## ASSIGNMENT:
The records below are to be transcribed in full, exactly as given.

## Records from a dataset:
════════════════

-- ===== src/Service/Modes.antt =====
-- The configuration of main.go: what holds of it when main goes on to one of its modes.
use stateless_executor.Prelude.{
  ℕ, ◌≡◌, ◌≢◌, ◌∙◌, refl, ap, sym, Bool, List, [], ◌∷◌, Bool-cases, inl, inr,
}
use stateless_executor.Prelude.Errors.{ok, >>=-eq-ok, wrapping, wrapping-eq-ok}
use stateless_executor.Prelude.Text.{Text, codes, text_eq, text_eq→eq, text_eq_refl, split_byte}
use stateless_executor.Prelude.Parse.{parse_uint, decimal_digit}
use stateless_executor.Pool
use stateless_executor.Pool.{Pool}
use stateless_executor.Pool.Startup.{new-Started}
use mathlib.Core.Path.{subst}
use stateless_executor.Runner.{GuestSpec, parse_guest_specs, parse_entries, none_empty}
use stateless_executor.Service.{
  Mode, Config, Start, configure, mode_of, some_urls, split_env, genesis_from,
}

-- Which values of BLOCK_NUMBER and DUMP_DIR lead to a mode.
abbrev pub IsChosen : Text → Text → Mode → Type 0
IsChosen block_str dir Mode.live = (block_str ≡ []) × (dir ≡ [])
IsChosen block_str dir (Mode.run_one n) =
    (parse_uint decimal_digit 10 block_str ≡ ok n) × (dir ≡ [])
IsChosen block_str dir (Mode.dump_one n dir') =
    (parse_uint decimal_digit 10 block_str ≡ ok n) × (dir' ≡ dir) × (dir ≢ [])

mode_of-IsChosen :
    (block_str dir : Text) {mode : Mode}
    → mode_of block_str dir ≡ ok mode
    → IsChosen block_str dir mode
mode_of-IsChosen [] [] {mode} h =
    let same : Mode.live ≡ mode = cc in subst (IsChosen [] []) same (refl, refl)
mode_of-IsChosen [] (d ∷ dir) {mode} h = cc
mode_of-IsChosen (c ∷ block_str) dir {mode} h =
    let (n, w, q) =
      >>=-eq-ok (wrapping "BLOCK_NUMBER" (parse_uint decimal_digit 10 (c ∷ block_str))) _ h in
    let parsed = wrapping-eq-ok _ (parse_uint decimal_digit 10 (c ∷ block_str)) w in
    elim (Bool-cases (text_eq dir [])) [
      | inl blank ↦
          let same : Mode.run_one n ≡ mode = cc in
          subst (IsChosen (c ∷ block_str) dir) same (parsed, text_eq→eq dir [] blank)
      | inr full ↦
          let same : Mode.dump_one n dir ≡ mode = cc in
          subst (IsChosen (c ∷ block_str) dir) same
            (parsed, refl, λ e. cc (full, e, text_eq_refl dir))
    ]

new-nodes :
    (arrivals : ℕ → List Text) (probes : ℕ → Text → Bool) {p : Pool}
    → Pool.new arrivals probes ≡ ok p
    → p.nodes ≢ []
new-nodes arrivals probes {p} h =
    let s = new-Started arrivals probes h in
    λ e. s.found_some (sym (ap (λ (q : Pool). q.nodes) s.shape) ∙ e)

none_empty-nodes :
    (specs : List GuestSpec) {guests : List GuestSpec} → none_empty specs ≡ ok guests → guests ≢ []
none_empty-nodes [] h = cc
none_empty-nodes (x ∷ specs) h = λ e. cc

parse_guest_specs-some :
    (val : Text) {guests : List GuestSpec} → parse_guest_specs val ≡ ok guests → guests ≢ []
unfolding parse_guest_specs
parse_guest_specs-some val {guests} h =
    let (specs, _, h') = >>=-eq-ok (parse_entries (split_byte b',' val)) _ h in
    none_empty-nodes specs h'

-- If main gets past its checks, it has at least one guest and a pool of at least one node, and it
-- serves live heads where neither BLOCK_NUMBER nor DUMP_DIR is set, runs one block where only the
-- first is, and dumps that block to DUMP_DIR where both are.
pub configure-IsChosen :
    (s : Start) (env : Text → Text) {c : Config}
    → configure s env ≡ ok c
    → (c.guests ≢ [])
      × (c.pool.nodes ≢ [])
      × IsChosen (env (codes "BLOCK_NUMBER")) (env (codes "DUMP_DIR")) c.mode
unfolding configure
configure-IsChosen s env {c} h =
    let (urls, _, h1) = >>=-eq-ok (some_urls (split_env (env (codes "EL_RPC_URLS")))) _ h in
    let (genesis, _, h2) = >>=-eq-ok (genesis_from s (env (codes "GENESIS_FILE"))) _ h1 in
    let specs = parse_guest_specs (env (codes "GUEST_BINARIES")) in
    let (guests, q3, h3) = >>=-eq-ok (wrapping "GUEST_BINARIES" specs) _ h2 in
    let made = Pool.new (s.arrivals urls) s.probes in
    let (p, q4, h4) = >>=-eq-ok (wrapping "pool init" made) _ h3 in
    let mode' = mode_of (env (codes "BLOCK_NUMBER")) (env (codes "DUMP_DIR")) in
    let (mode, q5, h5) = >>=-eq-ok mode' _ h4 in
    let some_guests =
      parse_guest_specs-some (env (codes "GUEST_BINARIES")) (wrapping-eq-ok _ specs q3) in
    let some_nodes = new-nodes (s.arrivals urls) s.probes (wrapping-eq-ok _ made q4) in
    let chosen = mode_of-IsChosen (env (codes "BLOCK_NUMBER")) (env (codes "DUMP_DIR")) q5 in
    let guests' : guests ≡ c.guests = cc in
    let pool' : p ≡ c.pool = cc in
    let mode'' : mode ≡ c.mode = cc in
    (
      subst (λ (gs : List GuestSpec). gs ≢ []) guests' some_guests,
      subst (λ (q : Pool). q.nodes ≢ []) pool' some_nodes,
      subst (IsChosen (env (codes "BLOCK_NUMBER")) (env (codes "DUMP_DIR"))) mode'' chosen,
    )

════════════════

## TASK RESPONSE:
-- ===== src/Service/Modes.antt =====
-- The configuration of main.go: what holds of it when main goes on to one of its modes.
use stateless_executor.Prelude.{
  ℕ, ◌≡◌, ◌≢◌, ◌∙◌, refl, ap, sym, Bool, List, [], ◌∷◌, Bool-cases, inl, inr,
}
use stateless_executor.Prelude.Errors.{ok, >>=-eq-ok, wrapping, wrapping-eq-ok}
use stateless_executor.Prelude.Text.{Text, codes, text_eq, text_eq→eq, text_eq_refl, split_byte}
use stateless_executor.Prelude.Parse.{parse_uint, decimal_digit}
use stateless_executor.Pool
use stateless_executor.Pool.{Pool}
use stateless_executor.Pool.Startup.{new-Started}
use mathlib.Core.Path.{subst}
use stateless_executor.Runner.{GuestSpec, parse_guest_specs, parse_entries, none_empty}
use stateless_executor.Service.{
  Mode, Config, Start, configure, mode_of, some_urls, split_env, genesis_from,
}

-- Which values of BLOCK_NUMBER and DUMP_DIR lead to a mode.
abbrev pub IsChosen : Text → Text → Mode → Type 0
IsChosen block_str dir Mode.live = (block_str ≡ []) × (dir ≡ [])
IsChosen block_str dir (Mode.run_one n) =
    (parse_uint decimal_digit 10 block_str ≡ ok n) × (dir ≡ [])
IsChosen block_str dir (Mode.dump_one n dir') =
    (parse_uint decimal_digit 10 block_str ≡ ok n) × (dir' ≡ dir) × (dir ≢ [])

mode_of-IsChosen :
    (block_str dir : Text) {mode : Mode}
    → mode_of block_str dir ≡ ok mode
    → IsChosen block_str dir mode
mode_of-IsChosen [] [] {mode} h =
    let same : Mode.live ≡ mode = cc in subst (IsChosen [] []) same (refl, refl)
mode_of-IsChosen [] (d ∷ dir) {mode} h = cc
mode_of-IsChosen (c ∷ block_str) dir {mode} h =
    let (n, w, q) =
      >>=-eq-ok (wrapping "BLOCK_NUMBER" (parse_uint decimal_digit 10 (c ∷ block_str))) _ h in
    let parsed = wrapping-eq-ok _ (parse_uint decimal_digit 10 (c ∷ block_str)) w in
    elim (Bool-cases (text_eq dir [])) [
      | inl blank ↦
          let same : Mode.run_one n ≡ mode = cc in
          subst (IsChosen (c ∷ block_str) dir) same (parsed, text_eq→eq dir [] blank)
      | inr full ↦
          let same : Mode.dump_one n dir ≡ mode = cc in
          subst (IsChosen (c ∷ block_str) dir) same
            (parsed, refl, λ e. cc (full, e, text_eq_refl dir))
    ]

new-nodes :
    (arrivals : ℕ → List Text) (probes : ℕ → Text → Bool) {p : Pool}
    → Pool.new arrivals probes ≡ ok p
    → p.nodes ≢ []
new-nodes arrivals probes {p} h =
    let s = new-Started arrivals probes h in
    λ e. s.found_some (sym (ap (λ (q : Pool). q.nodes) s.shape) ∙ e)

none_empty-nodes :
    (specs : List GuestSpec) {guests : List GuestSpec} → none_empty specs ≡ ok guests → guests ≢ []
none_empty-nodes [] h = cc
none_empty-nodes (x ∷ specs) h = λ e. cc

parse_guest_specs-some :
    (val : Text) {guests : List GuestSpec} → parse_guest_specs val ≡ ok guests → guests ≢ []
unfolding parse_guest_specs
parse_guest_specs-some val {guests} h =
    let (specs, _, h') = >>=-eq-ok (parse_entries (split_byte b',' val)) _ h in
    none_empty-nodes specs h'

-- If main gets past its checks, it has at least one guest and a pool of at least one node, and it
-- serves live heads where neither BLOCK_NUMBER nor DUMP_DIR is set, runs one block where only the
-- first is, and dumps that block to DUMP_DIR where both are.
pub configure-IsChosen :
    (s : Start) (env : Text → Text) {c : Config}
    → configure s env ≡ ok c
    → (c.guests ≢ [])
      × (c.pool.nodes ≢ [])
      × IsChosen (env (codes "BLOCK_NUMBER")) (env (codes "DUMP_DIR")) c.mode
unfolding configure
configure-IsChosen s env {c} h =
    let (urls, _, h1) = >>=-eq-ok (some_urls (split_env (env (codes "EL_RPC_URLS")))) _ h in
    let (genesis, _, h2) = >>=-eq-ok (genesis_from s (env (codes "GENESIS_FILE"))) _ h1 in
    let specs = parse_guest_specs (env (codes "GUEST_BINARIES")) in
    let (guests, q3, h3) = >>=-eq-ok (wrapping "GUEST_BINARIES" specs) _ h2 in
    let made = Pool.new (s.arrivals urls) s.probes in
    let (p, q4, h4) = >>=-eq-ok (wrapping "pool init" made) _ h3 in
    let mode' = mode_of (env (codes "BLOCK_NUMBER")) (env (codes "DUMP_DIR")) in
    let (mode, q5, h5) = >>=-eq-ok mode' _ h4 in
    let some_guests =
      parse_guest_specs-some (env (codes "GUEST_BINARIES")) (wrapping-eq-ok _ specs q3) in
    let some_nodes = new-nodes (s.arrivals urls) s.probes (wrapping-eq-ok _ made q4) in
    let chosen = mode_of-IsChosen (env (codes "BLOCK_NUMBER")) (env (codes "DUMP_DIR")) q5 in
    let guests' : guests ≡ c.guests = cc in
    let pool' : p ≡ c.pool = cc in
    let mode'' : mode ≡ c.mode = cc in
    (
      subst (λ (gs : List GuestSpec). gs ≢ []) guests' some_guests,
      subst (λ (q : Pool). q.nodes ≢ []) pool' some_nodes,
      subst (IsChosen (env (codes "BLOCK_NUMBER")) (env (codes "DUMP_DIR"))) mode'' chosen,
    )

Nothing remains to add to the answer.